=== Prompt ===
If a line of the records holds the word "Logs", copy it out.

=== Information provided ===
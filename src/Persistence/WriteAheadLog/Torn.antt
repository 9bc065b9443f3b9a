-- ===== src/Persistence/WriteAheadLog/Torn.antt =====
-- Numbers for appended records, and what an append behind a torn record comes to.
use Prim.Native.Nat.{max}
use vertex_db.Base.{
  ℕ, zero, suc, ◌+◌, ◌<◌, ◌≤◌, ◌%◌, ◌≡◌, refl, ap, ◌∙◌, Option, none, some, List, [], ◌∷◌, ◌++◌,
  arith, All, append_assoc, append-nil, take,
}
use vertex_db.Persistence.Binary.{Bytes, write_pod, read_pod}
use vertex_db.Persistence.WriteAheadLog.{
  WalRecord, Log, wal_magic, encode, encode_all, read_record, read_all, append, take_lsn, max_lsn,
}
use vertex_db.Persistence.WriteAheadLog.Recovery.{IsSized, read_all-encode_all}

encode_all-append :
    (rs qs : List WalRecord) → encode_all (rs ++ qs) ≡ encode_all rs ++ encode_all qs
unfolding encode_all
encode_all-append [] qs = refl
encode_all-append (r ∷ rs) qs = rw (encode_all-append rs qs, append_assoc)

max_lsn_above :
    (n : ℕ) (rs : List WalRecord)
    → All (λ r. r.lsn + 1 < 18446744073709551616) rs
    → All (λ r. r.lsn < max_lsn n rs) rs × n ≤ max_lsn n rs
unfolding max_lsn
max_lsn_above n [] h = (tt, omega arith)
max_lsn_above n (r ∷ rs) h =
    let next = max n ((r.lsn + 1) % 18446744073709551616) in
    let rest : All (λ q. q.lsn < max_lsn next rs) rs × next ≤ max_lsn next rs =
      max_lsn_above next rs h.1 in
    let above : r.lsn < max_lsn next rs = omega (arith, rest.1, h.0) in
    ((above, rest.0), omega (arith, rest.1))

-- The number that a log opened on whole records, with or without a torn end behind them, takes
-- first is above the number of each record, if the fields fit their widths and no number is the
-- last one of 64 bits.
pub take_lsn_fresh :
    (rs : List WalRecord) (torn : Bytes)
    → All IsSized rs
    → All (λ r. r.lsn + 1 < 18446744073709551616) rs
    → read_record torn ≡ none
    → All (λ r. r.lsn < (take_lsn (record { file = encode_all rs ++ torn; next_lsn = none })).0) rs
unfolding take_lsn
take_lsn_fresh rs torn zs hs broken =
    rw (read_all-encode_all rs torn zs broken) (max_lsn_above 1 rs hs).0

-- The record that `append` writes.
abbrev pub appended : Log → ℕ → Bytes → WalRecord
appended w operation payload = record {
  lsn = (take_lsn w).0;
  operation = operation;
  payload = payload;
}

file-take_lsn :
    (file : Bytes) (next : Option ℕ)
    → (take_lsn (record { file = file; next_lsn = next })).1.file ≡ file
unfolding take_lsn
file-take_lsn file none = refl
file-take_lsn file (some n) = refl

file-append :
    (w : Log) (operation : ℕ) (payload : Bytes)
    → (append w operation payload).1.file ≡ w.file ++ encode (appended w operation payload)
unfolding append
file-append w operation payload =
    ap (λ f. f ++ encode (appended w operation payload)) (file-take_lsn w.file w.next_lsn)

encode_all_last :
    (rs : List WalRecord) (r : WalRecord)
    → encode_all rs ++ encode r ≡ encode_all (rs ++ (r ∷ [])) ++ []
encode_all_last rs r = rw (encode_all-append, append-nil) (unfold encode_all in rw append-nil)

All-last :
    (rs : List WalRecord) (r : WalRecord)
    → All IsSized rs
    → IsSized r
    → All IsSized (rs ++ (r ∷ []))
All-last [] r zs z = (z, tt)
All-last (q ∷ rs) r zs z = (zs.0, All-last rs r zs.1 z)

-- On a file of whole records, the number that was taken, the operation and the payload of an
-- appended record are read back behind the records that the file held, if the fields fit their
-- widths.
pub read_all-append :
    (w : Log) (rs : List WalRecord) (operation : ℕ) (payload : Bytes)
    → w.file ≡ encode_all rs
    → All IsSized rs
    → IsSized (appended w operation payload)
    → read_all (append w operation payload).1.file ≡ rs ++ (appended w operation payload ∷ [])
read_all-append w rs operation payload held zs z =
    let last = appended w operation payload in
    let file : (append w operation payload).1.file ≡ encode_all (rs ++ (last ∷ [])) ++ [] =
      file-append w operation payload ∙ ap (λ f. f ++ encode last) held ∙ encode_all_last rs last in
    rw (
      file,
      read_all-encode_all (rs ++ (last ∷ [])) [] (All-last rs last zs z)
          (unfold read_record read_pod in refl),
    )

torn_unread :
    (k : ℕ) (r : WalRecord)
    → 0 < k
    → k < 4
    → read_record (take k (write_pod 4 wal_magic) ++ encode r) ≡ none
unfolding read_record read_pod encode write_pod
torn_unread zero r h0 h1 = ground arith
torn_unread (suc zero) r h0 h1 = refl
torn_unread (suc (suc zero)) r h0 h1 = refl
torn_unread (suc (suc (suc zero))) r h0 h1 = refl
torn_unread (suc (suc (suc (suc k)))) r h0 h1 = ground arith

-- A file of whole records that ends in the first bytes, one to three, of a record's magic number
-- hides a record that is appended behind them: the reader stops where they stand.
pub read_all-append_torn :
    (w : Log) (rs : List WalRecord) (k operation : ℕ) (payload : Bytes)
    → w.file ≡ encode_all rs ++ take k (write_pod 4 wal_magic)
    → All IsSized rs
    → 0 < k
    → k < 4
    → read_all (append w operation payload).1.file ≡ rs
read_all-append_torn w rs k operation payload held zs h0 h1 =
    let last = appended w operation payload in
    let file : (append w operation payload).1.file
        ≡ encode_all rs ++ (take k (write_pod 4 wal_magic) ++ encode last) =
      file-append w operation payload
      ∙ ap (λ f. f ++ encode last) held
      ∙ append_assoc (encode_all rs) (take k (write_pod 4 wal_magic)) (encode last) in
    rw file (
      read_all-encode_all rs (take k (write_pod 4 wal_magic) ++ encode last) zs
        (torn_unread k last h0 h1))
* * *
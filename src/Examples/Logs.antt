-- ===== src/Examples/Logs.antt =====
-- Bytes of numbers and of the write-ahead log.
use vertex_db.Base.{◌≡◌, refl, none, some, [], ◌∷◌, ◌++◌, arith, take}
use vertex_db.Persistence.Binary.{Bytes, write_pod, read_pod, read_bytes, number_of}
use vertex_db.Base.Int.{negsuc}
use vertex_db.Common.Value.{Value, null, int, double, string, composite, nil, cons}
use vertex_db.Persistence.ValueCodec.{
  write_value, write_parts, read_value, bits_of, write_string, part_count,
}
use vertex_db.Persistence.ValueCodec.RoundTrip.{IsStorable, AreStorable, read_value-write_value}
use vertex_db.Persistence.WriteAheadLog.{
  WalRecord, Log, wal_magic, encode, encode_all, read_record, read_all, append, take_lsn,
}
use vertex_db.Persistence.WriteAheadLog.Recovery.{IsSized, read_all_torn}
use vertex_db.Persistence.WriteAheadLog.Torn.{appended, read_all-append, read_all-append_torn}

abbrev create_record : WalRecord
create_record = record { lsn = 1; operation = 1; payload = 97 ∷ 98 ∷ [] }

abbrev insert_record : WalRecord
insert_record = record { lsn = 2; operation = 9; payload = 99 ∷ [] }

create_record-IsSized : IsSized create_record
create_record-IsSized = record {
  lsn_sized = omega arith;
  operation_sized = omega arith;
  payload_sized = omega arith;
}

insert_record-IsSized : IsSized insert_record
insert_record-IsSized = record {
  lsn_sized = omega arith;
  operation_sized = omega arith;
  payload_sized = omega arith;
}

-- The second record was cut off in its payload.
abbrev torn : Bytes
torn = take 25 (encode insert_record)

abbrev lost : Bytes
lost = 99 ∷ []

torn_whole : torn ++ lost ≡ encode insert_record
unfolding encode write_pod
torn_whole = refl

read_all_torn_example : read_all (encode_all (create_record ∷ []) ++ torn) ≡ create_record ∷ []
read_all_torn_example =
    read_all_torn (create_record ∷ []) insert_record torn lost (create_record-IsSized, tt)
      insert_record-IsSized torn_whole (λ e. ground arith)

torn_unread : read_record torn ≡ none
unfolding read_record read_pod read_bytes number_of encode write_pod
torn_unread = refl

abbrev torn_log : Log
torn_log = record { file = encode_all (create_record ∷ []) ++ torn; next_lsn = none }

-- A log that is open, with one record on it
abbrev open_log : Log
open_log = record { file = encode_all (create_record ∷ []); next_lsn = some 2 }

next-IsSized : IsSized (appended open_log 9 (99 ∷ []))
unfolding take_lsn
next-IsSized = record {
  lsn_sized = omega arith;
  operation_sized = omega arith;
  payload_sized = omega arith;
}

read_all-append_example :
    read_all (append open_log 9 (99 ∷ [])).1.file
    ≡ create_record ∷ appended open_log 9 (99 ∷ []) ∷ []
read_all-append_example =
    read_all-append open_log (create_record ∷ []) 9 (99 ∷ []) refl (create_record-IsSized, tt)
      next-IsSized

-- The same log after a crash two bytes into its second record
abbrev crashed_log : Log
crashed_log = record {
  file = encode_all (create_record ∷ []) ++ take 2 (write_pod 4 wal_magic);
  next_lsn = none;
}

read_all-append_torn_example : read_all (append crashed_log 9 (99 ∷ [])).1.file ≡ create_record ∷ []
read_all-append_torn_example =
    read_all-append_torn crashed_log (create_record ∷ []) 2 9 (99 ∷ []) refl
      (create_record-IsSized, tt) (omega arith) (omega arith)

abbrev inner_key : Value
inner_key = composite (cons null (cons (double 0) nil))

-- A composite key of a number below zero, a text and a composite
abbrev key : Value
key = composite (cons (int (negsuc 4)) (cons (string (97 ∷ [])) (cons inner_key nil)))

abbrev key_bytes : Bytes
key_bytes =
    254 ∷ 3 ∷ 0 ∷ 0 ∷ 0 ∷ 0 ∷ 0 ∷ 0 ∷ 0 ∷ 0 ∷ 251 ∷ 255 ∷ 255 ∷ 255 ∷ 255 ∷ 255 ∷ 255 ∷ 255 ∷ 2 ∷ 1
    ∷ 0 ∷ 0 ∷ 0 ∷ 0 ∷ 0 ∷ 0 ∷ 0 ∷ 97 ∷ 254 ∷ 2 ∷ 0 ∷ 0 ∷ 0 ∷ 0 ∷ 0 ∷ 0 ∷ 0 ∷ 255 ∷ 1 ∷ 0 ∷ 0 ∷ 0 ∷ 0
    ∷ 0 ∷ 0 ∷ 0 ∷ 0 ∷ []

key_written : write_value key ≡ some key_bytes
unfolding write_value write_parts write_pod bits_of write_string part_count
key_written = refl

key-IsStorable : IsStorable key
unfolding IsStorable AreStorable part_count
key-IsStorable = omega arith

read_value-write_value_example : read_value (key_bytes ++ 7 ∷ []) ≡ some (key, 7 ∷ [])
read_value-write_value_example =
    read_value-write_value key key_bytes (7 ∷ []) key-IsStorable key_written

=== Written solution ===
filename src/Examples/Logs.antt
-- ===== src/Examples/Logs.antt =====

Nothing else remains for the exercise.